(Stored data entries)
_ _ _ _ _

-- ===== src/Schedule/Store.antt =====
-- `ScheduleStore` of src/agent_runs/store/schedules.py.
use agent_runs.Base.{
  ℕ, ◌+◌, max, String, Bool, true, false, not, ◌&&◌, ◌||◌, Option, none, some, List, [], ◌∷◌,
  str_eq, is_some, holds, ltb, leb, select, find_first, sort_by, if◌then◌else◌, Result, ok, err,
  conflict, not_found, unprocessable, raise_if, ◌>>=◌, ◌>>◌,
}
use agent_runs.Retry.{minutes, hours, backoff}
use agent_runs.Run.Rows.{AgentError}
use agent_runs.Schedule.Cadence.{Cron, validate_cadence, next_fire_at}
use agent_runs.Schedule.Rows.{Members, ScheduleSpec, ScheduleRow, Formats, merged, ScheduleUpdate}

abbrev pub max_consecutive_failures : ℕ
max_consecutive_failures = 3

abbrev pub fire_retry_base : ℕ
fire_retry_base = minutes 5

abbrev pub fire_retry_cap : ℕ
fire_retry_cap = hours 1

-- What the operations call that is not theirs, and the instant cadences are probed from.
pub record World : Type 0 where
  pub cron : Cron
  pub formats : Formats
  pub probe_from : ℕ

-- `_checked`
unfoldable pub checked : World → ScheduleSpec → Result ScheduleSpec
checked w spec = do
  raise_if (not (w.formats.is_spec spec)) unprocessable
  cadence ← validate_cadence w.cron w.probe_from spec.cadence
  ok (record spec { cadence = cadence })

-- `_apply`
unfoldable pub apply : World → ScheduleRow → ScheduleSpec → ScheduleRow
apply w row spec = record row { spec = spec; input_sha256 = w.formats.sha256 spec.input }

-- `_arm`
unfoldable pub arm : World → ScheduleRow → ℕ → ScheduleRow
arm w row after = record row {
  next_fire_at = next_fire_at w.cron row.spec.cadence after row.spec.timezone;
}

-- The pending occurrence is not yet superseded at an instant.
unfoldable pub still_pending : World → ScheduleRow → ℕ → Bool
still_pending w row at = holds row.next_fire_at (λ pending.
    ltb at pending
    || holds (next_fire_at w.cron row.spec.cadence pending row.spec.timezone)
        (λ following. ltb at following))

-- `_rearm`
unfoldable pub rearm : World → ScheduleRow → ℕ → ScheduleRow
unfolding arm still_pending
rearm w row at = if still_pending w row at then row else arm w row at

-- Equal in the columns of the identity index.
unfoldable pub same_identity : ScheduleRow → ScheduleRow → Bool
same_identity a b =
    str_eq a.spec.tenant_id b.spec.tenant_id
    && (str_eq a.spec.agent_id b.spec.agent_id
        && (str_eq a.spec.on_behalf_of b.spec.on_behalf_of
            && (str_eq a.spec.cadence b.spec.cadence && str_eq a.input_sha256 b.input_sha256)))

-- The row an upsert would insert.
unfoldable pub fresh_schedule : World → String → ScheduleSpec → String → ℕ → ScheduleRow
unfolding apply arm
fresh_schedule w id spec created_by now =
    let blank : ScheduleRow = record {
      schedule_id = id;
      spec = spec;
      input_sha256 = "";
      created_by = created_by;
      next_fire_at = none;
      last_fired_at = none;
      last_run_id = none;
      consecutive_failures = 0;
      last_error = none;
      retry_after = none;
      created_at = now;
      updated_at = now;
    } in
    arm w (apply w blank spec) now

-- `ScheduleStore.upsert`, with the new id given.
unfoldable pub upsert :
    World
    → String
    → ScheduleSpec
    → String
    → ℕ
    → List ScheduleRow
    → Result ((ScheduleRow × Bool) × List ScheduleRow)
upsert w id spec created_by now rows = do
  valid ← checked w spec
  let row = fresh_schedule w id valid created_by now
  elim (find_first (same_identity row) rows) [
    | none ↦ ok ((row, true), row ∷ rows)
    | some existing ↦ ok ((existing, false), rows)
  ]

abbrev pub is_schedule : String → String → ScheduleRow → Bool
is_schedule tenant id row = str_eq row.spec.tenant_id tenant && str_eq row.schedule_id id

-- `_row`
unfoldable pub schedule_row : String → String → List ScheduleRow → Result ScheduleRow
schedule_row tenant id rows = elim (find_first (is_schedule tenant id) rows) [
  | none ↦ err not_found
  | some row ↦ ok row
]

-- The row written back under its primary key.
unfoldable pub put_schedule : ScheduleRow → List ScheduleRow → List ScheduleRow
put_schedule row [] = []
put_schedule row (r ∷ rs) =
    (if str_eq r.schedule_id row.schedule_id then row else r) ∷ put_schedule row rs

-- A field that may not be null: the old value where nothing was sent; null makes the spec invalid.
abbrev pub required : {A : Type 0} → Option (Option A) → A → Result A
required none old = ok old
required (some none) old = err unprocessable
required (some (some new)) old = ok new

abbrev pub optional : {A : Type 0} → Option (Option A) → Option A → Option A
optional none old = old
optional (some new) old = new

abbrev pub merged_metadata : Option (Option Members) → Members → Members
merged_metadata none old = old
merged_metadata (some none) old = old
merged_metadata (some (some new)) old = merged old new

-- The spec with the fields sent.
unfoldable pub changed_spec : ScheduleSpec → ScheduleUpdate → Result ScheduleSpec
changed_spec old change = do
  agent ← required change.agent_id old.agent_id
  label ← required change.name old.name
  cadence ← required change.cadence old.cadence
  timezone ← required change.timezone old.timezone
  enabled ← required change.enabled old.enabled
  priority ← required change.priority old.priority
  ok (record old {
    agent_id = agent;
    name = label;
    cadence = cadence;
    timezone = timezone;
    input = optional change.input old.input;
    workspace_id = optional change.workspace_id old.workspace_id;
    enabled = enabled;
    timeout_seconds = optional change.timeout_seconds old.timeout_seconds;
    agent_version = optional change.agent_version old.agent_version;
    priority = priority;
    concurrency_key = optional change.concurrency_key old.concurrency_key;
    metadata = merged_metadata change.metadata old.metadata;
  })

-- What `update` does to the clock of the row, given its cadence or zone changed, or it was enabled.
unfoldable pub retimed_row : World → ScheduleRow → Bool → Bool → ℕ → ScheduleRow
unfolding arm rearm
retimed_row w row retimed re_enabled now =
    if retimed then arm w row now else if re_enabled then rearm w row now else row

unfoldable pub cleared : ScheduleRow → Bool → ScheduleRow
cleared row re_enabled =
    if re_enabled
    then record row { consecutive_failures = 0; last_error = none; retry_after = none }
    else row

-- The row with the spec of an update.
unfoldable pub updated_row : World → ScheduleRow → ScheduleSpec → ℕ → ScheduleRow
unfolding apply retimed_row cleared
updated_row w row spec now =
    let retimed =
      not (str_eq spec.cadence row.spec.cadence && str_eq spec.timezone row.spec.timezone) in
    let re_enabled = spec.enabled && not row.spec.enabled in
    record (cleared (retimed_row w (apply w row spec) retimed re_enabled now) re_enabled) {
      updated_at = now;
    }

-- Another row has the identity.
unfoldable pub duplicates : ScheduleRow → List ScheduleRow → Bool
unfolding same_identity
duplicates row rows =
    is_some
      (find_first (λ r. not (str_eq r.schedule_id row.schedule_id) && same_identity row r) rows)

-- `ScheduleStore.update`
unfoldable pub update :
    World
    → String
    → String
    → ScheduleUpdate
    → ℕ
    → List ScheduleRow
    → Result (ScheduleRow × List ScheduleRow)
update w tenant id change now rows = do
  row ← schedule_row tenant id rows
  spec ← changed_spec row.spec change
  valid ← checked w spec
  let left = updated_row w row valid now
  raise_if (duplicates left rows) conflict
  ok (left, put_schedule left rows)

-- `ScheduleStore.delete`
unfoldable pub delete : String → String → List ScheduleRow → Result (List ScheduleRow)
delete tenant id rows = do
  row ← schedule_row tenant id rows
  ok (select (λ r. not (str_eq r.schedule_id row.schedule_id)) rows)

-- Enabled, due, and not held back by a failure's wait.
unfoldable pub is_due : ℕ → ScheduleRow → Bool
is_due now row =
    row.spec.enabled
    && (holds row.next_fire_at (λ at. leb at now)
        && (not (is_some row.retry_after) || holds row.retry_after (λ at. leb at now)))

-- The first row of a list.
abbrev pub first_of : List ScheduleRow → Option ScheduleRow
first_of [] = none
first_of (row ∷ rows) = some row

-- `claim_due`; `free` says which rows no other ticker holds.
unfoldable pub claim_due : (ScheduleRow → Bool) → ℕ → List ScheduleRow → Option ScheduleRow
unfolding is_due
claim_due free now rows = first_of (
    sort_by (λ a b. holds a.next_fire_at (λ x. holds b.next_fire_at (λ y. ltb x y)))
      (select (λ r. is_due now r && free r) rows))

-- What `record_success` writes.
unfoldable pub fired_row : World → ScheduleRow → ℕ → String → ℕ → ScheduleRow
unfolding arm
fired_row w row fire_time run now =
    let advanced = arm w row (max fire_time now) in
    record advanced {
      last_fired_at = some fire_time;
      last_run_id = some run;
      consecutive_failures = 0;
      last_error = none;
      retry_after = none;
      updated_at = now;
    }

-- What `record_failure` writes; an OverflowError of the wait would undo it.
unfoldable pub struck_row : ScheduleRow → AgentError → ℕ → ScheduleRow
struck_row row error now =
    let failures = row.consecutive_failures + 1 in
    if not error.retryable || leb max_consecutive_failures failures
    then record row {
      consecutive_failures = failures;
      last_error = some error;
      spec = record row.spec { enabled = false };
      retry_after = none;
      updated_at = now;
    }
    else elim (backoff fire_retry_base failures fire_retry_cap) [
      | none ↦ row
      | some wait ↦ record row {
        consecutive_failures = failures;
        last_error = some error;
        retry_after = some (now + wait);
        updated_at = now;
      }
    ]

_ _ _ _ _

• Task instructions:
Return, exactly, the lines from the first line of the records above to the line containing "-- What the", both included.

• Task result:
-- ===== src/Schedule/Store.antt =====
-- `ScheduleStore` of src/agent_runs/store/schedules.py.
use agent_runs.Base.{
  ℕ, ◌+◌, max, String, Bool, true, false, not, ◌&&◌, ◌||◌, Option, none, some, List, [], ◌∷◌,
  str_eq, is_some, holds, ltb, leb, select, find_first, sort_by, if◌then◌else◌, Result, ok, err,
  conflict, not_found, unprocessable, raise_if, ◌>>=◌, ◌>>◌,
}
use agent_runs.Retry.{minutes, hours, backoff}
use agent_runs.Run.Rows.{AgentError}
use agent_runs.Schedule.Cadence.{Cron, validate_cadence, next_fire_at}
use agent_runs.Schedule.Rows.{Members, ScheduleSpec, ScheduleRow, Formats, merged, ScheduleUpdate}

abbrev pub max_consecutive_failures : ℕ
max_consecutive_failures = 3

abbrev pub fire_retry_base : ℕ
fire_retry_base = minutes 5

abbrev pub fire_retry_cap : ℕ
fire_retry_cap = hours 1

-- What the operations call that is not theirs, and the instant cadences are probed from.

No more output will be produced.